(Stored data entries)

---+---

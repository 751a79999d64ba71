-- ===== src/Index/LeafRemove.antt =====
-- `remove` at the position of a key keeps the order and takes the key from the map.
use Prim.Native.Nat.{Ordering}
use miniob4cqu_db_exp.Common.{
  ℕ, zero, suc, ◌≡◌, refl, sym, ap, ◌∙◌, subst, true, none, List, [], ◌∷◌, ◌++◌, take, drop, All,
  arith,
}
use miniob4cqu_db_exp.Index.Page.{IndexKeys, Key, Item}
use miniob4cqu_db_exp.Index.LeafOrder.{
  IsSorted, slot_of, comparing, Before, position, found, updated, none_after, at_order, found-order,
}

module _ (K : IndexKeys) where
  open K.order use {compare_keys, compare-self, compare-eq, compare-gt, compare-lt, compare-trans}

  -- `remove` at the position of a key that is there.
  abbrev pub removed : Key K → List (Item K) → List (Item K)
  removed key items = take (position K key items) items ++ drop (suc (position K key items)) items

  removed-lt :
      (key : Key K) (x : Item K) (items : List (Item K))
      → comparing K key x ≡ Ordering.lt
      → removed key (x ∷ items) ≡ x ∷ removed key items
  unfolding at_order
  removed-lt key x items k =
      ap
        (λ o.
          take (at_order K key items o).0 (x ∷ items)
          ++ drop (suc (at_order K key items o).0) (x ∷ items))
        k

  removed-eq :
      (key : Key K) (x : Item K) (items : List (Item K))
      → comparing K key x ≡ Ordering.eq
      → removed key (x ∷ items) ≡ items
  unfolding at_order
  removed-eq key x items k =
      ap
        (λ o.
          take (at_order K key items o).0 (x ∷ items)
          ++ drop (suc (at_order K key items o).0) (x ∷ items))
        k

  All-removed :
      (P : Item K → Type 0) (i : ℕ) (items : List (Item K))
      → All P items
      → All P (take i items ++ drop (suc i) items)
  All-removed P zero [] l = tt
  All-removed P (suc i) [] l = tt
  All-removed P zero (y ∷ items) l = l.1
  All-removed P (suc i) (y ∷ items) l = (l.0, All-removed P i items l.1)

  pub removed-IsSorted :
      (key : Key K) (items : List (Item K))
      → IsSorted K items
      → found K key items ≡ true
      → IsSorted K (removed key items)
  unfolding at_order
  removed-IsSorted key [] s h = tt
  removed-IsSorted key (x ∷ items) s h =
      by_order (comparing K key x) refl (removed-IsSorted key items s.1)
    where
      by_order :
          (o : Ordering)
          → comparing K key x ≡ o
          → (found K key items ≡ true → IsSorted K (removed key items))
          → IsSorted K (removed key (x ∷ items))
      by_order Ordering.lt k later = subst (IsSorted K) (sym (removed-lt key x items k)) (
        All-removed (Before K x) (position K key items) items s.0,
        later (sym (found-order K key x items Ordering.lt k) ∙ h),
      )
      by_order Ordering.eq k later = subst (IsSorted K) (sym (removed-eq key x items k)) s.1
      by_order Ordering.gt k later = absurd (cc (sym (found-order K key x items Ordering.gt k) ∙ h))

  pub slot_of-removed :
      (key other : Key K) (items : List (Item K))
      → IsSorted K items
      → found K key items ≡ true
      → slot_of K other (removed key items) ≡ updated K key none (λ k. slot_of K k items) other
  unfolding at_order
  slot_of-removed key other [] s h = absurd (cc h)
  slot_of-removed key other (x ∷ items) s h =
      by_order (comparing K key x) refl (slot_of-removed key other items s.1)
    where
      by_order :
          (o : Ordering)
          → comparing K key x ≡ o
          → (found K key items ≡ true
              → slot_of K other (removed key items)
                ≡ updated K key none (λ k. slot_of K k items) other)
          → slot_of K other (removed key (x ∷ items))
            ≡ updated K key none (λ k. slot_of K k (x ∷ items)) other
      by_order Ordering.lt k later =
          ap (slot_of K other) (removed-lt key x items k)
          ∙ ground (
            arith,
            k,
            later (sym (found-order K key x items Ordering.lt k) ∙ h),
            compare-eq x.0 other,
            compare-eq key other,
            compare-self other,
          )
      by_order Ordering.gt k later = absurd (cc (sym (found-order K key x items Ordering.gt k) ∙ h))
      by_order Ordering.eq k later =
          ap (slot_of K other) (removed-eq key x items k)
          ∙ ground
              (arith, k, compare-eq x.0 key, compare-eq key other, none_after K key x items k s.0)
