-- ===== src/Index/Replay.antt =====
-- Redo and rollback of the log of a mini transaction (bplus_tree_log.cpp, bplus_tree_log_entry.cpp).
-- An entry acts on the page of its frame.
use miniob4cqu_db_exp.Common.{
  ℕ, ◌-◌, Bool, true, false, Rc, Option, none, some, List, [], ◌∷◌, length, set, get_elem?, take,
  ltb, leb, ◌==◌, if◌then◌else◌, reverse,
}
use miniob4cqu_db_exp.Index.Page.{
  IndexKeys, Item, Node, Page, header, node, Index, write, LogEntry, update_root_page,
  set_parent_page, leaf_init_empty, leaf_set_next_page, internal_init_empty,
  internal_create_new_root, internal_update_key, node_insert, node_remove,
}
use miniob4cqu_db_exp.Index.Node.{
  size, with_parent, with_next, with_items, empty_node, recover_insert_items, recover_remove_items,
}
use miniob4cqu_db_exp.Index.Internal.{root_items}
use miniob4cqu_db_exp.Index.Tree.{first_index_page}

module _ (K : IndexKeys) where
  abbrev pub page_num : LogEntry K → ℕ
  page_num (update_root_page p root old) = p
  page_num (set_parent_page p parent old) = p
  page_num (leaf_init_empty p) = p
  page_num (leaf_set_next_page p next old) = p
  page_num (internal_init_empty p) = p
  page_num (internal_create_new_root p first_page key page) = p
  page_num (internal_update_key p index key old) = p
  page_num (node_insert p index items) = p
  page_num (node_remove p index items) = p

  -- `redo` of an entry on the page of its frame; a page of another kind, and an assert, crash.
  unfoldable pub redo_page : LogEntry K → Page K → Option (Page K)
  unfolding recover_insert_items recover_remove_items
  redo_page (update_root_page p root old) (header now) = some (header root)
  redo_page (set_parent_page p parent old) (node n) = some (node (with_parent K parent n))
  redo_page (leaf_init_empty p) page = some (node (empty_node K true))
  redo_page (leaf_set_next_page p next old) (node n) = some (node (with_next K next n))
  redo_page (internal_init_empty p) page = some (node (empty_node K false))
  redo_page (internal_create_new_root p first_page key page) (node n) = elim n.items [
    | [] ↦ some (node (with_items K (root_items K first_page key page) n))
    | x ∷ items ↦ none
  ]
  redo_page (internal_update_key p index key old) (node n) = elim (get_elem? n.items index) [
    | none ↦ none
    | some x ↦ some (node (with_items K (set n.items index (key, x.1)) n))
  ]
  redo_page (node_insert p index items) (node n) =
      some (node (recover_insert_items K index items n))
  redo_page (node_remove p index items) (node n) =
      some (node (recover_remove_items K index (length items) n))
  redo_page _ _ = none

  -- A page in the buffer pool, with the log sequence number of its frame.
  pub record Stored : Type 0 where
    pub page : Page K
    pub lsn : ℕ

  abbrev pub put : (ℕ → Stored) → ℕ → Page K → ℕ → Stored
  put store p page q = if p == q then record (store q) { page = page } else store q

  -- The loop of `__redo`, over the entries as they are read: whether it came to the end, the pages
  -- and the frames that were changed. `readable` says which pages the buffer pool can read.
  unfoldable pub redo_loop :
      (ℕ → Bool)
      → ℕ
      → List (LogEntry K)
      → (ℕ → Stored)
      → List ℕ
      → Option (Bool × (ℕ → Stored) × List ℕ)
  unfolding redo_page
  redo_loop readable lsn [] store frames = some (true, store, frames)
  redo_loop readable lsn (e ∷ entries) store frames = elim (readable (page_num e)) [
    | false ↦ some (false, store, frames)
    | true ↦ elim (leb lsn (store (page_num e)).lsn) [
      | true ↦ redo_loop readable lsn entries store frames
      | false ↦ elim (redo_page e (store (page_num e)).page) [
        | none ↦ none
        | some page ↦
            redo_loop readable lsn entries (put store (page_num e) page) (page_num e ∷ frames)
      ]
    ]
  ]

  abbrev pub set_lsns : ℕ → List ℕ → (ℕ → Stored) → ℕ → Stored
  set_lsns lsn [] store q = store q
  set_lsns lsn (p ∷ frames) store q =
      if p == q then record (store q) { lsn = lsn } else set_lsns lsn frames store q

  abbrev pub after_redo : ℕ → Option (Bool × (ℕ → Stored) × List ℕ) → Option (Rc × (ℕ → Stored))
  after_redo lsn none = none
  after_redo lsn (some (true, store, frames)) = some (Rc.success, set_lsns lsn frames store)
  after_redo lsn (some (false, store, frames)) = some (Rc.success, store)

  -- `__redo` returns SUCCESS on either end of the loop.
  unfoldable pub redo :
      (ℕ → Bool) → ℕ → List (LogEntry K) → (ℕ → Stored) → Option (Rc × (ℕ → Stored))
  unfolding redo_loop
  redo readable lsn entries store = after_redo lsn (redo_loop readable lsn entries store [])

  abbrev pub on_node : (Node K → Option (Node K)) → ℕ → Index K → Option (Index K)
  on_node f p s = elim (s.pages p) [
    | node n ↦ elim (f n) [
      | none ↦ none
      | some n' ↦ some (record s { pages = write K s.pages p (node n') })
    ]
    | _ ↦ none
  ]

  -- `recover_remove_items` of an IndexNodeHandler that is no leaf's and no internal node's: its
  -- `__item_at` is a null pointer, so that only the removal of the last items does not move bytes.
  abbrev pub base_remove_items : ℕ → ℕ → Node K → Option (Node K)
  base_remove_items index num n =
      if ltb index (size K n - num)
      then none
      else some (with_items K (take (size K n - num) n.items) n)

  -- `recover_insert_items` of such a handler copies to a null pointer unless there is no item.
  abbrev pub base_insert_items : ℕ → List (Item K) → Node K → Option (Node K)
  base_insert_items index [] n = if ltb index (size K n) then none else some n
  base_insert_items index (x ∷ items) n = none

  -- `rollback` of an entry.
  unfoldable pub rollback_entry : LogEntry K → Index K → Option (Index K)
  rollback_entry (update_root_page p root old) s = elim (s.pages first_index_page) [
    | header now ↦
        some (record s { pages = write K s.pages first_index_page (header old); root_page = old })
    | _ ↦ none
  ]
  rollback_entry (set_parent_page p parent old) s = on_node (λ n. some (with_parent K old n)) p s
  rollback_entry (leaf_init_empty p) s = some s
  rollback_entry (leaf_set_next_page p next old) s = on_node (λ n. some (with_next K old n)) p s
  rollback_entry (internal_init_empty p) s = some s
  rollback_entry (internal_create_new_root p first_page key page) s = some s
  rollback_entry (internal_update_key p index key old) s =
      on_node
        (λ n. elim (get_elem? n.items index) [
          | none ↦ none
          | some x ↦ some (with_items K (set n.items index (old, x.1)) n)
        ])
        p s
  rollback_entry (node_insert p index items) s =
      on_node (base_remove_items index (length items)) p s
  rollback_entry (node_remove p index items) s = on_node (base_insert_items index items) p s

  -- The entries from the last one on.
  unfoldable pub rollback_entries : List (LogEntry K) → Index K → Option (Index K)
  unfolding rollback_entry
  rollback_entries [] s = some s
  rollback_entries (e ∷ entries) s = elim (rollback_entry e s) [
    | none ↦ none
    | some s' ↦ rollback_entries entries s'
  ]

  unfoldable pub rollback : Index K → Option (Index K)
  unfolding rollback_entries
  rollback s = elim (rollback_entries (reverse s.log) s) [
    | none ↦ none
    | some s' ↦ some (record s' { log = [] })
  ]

---+---

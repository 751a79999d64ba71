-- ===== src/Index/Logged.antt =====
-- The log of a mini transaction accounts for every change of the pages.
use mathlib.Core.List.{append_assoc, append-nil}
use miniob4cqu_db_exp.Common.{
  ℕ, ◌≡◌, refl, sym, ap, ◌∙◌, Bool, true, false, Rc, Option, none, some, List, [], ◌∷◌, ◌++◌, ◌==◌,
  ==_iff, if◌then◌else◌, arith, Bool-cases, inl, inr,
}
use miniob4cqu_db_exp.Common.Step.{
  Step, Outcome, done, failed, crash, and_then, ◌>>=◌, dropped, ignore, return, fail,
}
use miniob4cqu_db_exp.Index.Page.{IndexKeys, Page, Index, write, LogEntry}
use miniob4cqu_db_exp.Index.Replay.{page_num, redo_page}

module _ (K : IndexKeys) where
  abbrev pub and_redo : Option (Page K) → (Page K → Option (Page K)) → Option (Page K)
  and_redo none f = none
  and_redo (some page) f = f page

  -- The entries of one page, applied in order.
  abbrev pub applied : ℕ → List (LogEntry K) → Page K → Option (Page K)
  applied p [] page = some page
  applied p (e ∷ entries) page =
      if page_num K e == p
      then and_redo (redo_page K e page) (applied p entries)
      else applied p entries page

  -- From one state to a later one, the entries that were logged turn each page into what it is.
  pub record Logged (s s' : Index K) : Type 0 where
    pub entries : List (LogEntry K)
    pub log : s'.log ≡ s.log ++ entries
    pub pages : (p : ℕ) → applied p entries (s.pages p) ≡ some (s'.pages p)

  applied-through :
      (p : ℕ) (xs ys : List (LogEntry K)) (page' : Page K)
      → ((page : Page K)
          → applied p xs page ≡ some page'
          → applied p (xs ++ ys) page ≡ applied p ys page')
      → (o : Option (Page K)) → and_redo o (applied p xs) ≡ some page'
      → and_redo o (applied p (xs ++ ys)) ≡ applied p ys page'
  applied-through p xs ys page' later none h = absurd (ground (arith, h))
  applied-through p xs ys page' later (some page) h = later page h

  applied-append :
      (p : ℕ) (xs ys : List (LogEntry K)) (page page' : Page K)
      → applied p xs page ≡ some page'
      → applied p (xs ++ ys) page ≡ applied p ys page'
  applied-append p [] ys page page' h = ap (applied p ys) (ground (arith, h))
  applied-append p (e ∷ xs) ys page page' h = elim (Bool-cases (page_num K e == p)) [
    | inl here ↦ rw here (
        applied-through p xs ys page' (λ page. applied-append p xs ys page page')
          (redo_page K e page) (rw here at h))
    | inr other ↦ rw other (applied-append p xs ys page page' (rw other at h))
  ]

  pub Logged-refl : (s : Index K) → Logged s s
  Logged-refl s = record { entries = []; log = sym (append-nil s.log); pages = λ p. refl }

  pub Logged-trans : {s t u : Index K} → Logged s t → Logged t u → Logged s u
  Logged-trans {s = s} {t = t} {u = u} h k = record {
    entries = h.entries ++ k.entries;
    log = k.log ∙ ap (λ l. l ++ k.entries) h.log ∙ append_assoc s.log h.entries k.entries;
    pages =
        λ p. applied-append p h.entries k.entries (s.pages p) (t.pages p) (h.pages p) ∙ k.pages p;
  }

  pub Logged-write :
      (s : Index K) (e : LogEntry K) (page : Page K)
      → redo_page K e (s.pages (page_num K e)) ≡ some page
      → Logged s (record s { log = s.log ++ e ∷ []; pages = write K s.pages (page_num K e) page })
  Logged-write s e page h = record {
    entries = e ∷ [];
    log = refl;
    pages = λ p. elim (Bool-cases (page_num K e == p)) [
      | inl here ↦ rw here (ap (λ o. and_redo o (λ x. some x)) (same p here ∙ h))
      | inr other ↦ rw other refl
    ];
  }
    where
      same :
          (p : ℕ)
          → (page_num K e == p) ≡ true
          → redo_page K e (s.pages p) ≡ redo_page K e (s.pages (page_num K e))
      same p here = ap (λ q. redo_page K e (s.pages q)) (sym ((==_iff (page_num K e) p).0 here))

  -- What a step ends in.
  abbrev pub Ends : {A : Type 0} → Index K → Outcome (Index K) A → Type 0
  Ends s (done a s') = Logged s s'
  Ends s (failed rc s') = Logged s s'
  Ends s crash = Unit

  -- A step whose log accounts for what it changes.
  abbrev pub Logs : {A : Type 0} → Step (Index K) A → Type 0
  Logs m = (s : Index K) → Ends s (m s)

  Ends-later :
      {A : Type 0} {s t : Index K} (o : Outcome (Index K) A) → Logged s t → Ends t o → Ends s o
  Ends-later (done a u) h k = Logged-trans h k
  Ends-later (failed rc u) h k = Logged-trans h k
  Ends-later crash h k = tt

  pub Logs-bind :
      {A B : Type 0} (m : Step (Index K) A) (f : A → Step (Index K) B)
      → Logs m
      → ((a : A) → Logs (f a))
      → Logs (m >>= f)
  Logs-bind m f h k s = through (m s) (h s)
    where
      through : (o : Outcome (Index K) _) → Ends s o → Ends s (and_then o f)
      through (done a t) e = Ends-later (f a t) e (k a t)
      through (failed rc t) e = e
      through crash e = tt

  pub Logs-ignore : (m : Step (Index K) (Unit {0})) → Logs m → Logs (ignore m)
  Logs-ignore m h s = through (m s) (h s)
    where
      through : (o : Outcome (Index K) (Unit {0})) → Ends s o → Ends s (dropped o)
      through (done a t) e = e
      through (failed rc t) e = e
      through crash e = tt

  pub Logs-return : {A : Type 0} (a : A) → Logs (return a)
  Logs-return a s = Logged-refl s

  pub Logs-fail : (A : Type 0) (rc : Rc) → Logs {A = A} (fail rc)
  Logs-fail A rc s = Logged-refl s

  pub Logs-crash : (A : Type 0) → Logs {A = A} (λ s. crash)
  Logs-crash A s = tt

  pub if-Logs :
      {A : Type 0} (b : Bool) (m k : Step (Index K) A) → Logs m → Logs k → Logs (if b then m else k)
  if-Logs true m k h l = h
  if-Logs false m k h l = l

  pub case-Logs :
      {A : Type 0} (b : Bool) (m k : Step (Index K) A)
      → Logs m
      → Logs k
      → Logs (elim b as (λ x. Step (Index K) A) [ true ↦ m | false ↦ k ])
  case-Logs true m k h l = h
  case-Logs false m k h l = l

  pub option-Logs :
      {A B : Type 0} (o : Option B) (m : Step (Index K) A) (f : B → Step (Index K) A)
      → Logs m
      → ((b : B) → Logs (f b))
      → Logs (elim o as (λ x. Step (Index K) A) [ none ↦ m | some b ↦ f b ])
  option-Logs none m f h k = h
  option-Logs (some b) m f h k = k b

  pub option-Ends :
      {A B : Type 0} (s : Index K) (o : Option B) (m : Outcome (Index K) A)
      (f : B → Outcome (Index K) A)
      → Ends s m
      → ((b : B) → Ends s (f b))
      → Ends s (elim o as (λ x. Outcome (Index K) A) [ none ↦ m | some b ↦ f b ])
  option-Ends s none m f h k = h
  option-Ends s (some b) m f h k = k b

---+---

* [Exercise description]: The lines you need are those with the word "Replay"; list them from the entries.

* [Task answer]:
-- ===== src/Index/Replay.antt =====
use miniob4cqu_db_exp.Index.Replay.{page_num, redo_page}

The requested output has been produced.